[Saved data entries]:
------------------------
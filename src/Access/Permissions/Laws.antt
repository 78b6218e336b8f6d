-- ===== src/Access/Permissions/Laws.antt =====
-- What the permission table of backend/src/utils/authorization.ts grants.
use wall_e_campus_assistant.Prelude.{
  ℕ, ◌≡◌, ◌≢◌, ◌⊎◌, ◌↔◌, refl, true, false, Option, some, none, ok, arith, inl, inr, Bool-cases,
  not, ◌&&◌, is_none, same_option,
}
use wall_e_campus_assistant.Access.Roles.{
  UserRole, system_owner, university_admin, department_admin, instructor, student,
}
use wall_e_campus_assistant.Access.Permissions.{
  ScopeActor, ResourceScope, Permission, university_manage, people_read, student_approve,
  teaching_operate, assignment_manage, grade_manage, self_read, has_permission,
  require_same_university, require_same_department, is_teaching_permission, is_self_read,
}

-- The departments of the actor and of the resource are both set, and are the same.
abbrev pub SharesDepartment : ScopeActor → ResourceScope → Type 0
SharesDepartment actor scope =
    (d : ℕ) × (actor.department_id ≡ some d) × (scope.department_id ≡ some d)

-- The five permissions of an instructor.
abbrev pub IsTeaching : Permission → Type 0
IsTeaching p =
    (p ≡ people_read)
    ⊎ (p ≡ student_approve)
    ⊎ (p ≡ teaching_operate)
    ⊎ (p ≡ assignment_manage)
    ⊎ (p ≡ grade_manage)

-- The reasons for which an actor is granted a permission.
pub data Granted (a : ScopeActor) (p : Permission) (s : ResourceScope) : Type 0 where
  as_owner : a.role ≡ system_owner → Granted a p s
  own_record :
      a.organization_id ≡ s.organization_id → p ≡ self_read → s.owner_id ≡ some a.id → Granted a p s
  as_university :
      a.role ≡ university_admin
      → a.organization_id ≡ s.organization_id
      → p ≢ self_read
      → Granted a p s
  as_department :
      a.role ≡ department_admin
      → a.organization_id ≡ s.organization_id
      → SharesDepartment a s
      → p ≢ self_read
      → p ≢ university_manage
      → Granted a p s
  as_teacher :
      a.role ≡ instructor
      → a.organization_id ≡ s.organization_id
      → SharesDepartment a s
      → IsTeaching p
      → Granted a p s

IsTeaching-iff : (p : Permission) → (is_teaching_permission p ≡ true) ↔ IsTeaching p
IsTeaching-iff p = ground arith

shares_department :
    (x y : Option ℕ)
    → (not (is_none y) && not (is_none x) && same_option x y) ≡ true
    → (d : ℕ) × (x ≡ some d) × (y ≡ some d)
shares_department (some x) (some y) h = (x, refl, ground arith)
shares_department (some x) none h = cc
shares_department none (some y) h = cc
shares_department none none h = cc

same_option_sound : (x y : Option ℕ) → same_option x y ≡ true → x ≡ y
same_option_sound (some x) (some y) h = ground arith
same_option_sound (some x) none h = cc
same_option_sound none (some y) h = cc
same_option_sound none none h = refl

module _ (a : ScopeActor) (p : Permission) (s : ResourceScope) where
  same_organization :
      a.role ≢ system_owner → has_permission a p s ≡ true → a.organization_id ≡ s.organization_id
  unfolding has_permission
  same_organization n h = ground arith

  own_owner :
      a.role ≢ system_owner
      → is_self_read p ≡ true
      → has_permission a p s ≡ true
      → s.owner_id ≡ some a.id
  unfolding has_permission
  own_owner n e h = ground (arith, same_option_sound s.owner_id (some a.id))

  in_department :
      a.role ≢ system_owner
      → a.role ≢ university_admin
      → is_self_read p ≡ false
      → has_permission a p s ≡ true
      → SharesDepartment a s
  unfolding has_permission
  in_department n m e h = shares_department a.department_id s.department_id (ground arith)

  by_role :
      (r : UserRole)
      → a.role ≡ r
      → is_self_read p ≡ false
      → has_permission a p s ≡ true
      → Granted a p s
  unfolding has_permission
  by_role system_owner e q h = as_owner e
  by_role university_admin e q h =
      as_university e (same_organization (ground arith) h) (ground arith)
  by_role department_admin e q h =
      as_department e (same_organization (ground arith) h)
        (in_department (ground arith) (ground arith) q h) (ground arith) (ground arith)
  by_role instructor e q h =
      as_teacher e (same_organization (ground arith) h)
        (in_department (ground arith) (ground arith) q h) ((IsTeaching-iff p).0 (ground arith))
  by_role student e q h = absurd (ground arith)

  own_by_role :
      (r : UserRole)
      → a.role ≡ r
      → is_self_read p ≡ true
      → has_permission a p s ≡ true
      → Granted a p s
  own_by_role system_owner e q h = as_owner e
  own_by_role _ e q h =
      own_record (same_organization (ground arith) h) (ground arith) (own_owner (ground arith) q h)

has_permission_complete :
    (a : ScopeActor) (s : ResourceScope) (p : Permission)
    → Granted a p s
    → has_permission a p s ≡ true
unfolding has_permission
has_permission_complete a s p (as_owner r) = ground arith
has_permission_complete a s p (own_record o e w) = ground arith
has_permission_complete a s p (as_university r o n) = ground arith
has_permission_complete a s p (as_department r o (d, x, y) n m) = ground arith
has_permission_complete a s p (as_teacher r o (d, x, y) t) =
    let teaching = (IsTeaching-iff p).1 t in ground arith

-- A permission is granted exactly for one of these reasons: the actor is the system owner; the
-- actor's own record is read, in the actor's university; the actor administers the university and
-- the permission is not that one; the actor administers the department and the permission is
-- neither that one nor the managing of universities; or the actor teaches in the department and the
-- permission is one of the five: to read people, to approve students, to operate teaching, and to
-- manage assignments and grades.
pub has_permission_iff :
    (a : ScopeActor) (p : Permission) (s : ResourceScope)
    → (has_permission a p s ≡ true) ↔ Granted a p s
has_permission_iff a p s = (
  λ h. elim (Bool-cases (is_self_read p)) [
    | inl q ↦ own_by_role a p s a.role refl q h
    | inr q ↦ by_role a p s a.role refl q h
  ],
  has_permission_complete a s p,
)

-- What an instructor is granted in a department, its administrator is granted too; what the
-- administrator is granted, the university's administrator is granted; and the system owner is
-- granted everything. A record of one's own is left out.
pub has_permission_hierarchy :
    (a b : ScopeActor) (p : Permission) (s : ResourceScope)
    → a.organization_id ≡ b.organization_id
    → a.department_id ≡ b.department_id
    → p ≢ self_read
    → ((a.role ≡ instructor) × (b.role ≡ department_admin))
      ⊎ ((a.role ≡ department_admin) × (b.role ≡ university_admin))
      ⊎ (b.role ≡ system_owner)
    → has_permission a p s ≡ true
    → has_permission b p s ≡ true
unfolding has_permission
has_permission_hierarchy a b p s o d n r h = ground arith

-- The check for a resource of the actor's own university that has no department: it lets the system
-- owner and the university's administrator through, and refuses its department administrators and
-- instructors, though they are of the same university.
pub require_same_university_iff :
    (a : ScopeActor) (organization_id : ℕ)
    → (require_same_university a organization_id ≡ ok tt) ↔ (
        (a.role ≡ system_owner)
        ⊎ ((a.role ≡ university_admin) × (a.organization_id ≡ organization_id)))
unfolding require_same_university
require_same_university_iff a o = ground arith

-- The check for a resource of a department: the system owner and any university administrator pass
-- it, whatever their university, and any other actor exactly if both their university and their
-- department are the resource's.
pub require_same_department_iff :
    (a : ScopeActor) (organization_id department_id : ℕ)
    → (require_same_department a organization_id department_id ≡ ok tt) ↔ (
        (a.role ≡ system_owner)
        ⊎ (a.role ≡ university_admin)
        ⊎ ((a.organization_id ≡ organization_id) × (a.department_id ≡ some department_id)))
unfolding require_same_department
require_same_department_iff a o d = ground arith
------------------------
[Task to complete]: Take the lines above from the one containing "(b.role ≡ university_admin))" down to the one containing "(a : ScopeActor) (organization_id : ℕ)", and transcribe them exactly, both ends included.

[Answer to this task]:
      ⊎ ((a.role ≡ department_admin) × (b.role ≡ university_admin))
      ⊎ (b.role ≡ system_owner)
    → has_permission a p s ≡ true
    → has_permission b p s ≡ true
unfolding has_permission
has_permission_hierarchy a b p s o d n r h = ground arith

-- The check for a resource of the actor's own university that has no department: it lets the system
-- owner and the university's administrator through, and refuses its department administrators and
-- instructors, though they are of the same university.
pub require_same_university_iff :
    (a : ScopeActor) (organization_id : ℕ)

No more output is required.